Listed records Start Marker

-- ===== src/Prelude/Results.antt =====
-- `Result<A, E>`, and its early return `?`.
use mathlib.Core.Path.{◌≡◌, refl}
use mathlib.Core.Logic.{◌⊎◌, inl, inr}
use mathlib.Core.Bool.{Bool, true, false}
use mathlib.Core.Option.{Option, none, some}

pub data Result {ℓ κ} (A : Type ℓ) (E : Type κ) : Type (ℓ ⊔ κ) where
  ok : A → Result A E
  err : E → Result A E

infixl 5 ◌>>=◌ ◌>>◌
abbrev pub ◌>>=◌ {ℓ κ ρ} :
    {A : Type ℓ} {B : Type κ} {E : Type ρ} → Result A E → (A → Result B E) → Result B E
err e >>= next = err e
ok a >>= next = next a

abbrev pub ◌>>◌ {κ ρ} : {B : Type κ} {E : Type ρ} → Result (Unit {0}) E → Result B E → Result B E
m >> k = m >>= λ _. k

-- `if test { return Err(error); }`.
abbrev pub reject_if {ρ} : {E : Type ρ} → Bool → E → Result (Unit {0}) E
reject_if true e = err e
reject_if false e = ok tt

abbrev pub is_ok {ℓ κ} : {A : Type ℓ} {E : Type κ} → Result A E → Bool
is_ok (ok a) = true
is_ok (err e) = false

-- Inversion of a successful bind.
pub >>=-eq-ok {ℓ κ ρ} :
    {A : Type ℓ} {B : Type κ} {E : Type ρ} (first : Result A E) (next : A → Result B E) {y : B}
    → (first >>= next) ≡ ok y
    → (x : A) × (first ≡ ok x) × (next x ≡ ok y)
>>=-eq-ok (err e) next failed = cc
>>=-eq-ok (ok x) next passes = (x, refl, passes)

pub reject_if-eq-ok {ρ} :
    {E : Type ρ} (test : Bool) (e : E) {u : Unit {0}} → reject_if test e ≡ ok u → test ≡ false
reject_if-eq-ok true e h = cc
reject_if-eq-ok false e h = refl

-- `option.ok_or(error)`.
abbrev pub ok_or {ℓ ρ} : {A : Type ℓ} {E : Type ρ} → Option A → E → Result A E
ok_or none e = err e
ok_or (some a) e = ok a

-- Inversion of a guard, and of an option's presence.
pub passed {κ ρ} :
    {B : Type κ} {E : Type ρ} (test : Bool) (e : E) (k : Result B E) {b : B}
    → (reject_if test e >> k) ≡ ok b
    → (test ≡ false) × (k ≡ ok b)
passed true e k h = cc
passed false e k h = (refl, h)

pub ok_or-eq-ok {ℓ ρ} :
    {A : Type ℓ} {E : Type ρ} (o : Option A) (e : E) {a : A} → ok_or o e ≡ ok a → o ≡ some a
ok_or-eq-ok none e h = cc
ok_or-eq-ok (some a) e h = cc

pub ok-injective {ℓ ρ} :
    {A : Type ℓ} {E : Type ρ} {a b : A} → ◌≡◌ {A = Result A E} (ok a) (ok b) → a ≡ b
ok-injective h = cc

pub ok-path {ℓ ρ} :
    {A : Type ℓ} {E : Type ρ} {a b : A}
    → ◌≡◌ {A = Option (Result A E)} (some (ok a)) (some (ok b))
    → a ≡ b
ok-path h = cc

pub Result-cases {ℓ ρ} :
    {A : Type ℓ} {E : Type ρ} (r : Result A E) → ((a : A) × (r ≡ ok a)) ⊎ ((e : E) × (r ≡ err e))
Result-cases (ok a) = inl (a, refl)
Result-cases (err e) = inr (e, refl)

Listed records End Marker

## Problem details
The answer should be one number: how many lines of the data above contain "abbrev".

## Result of this task
5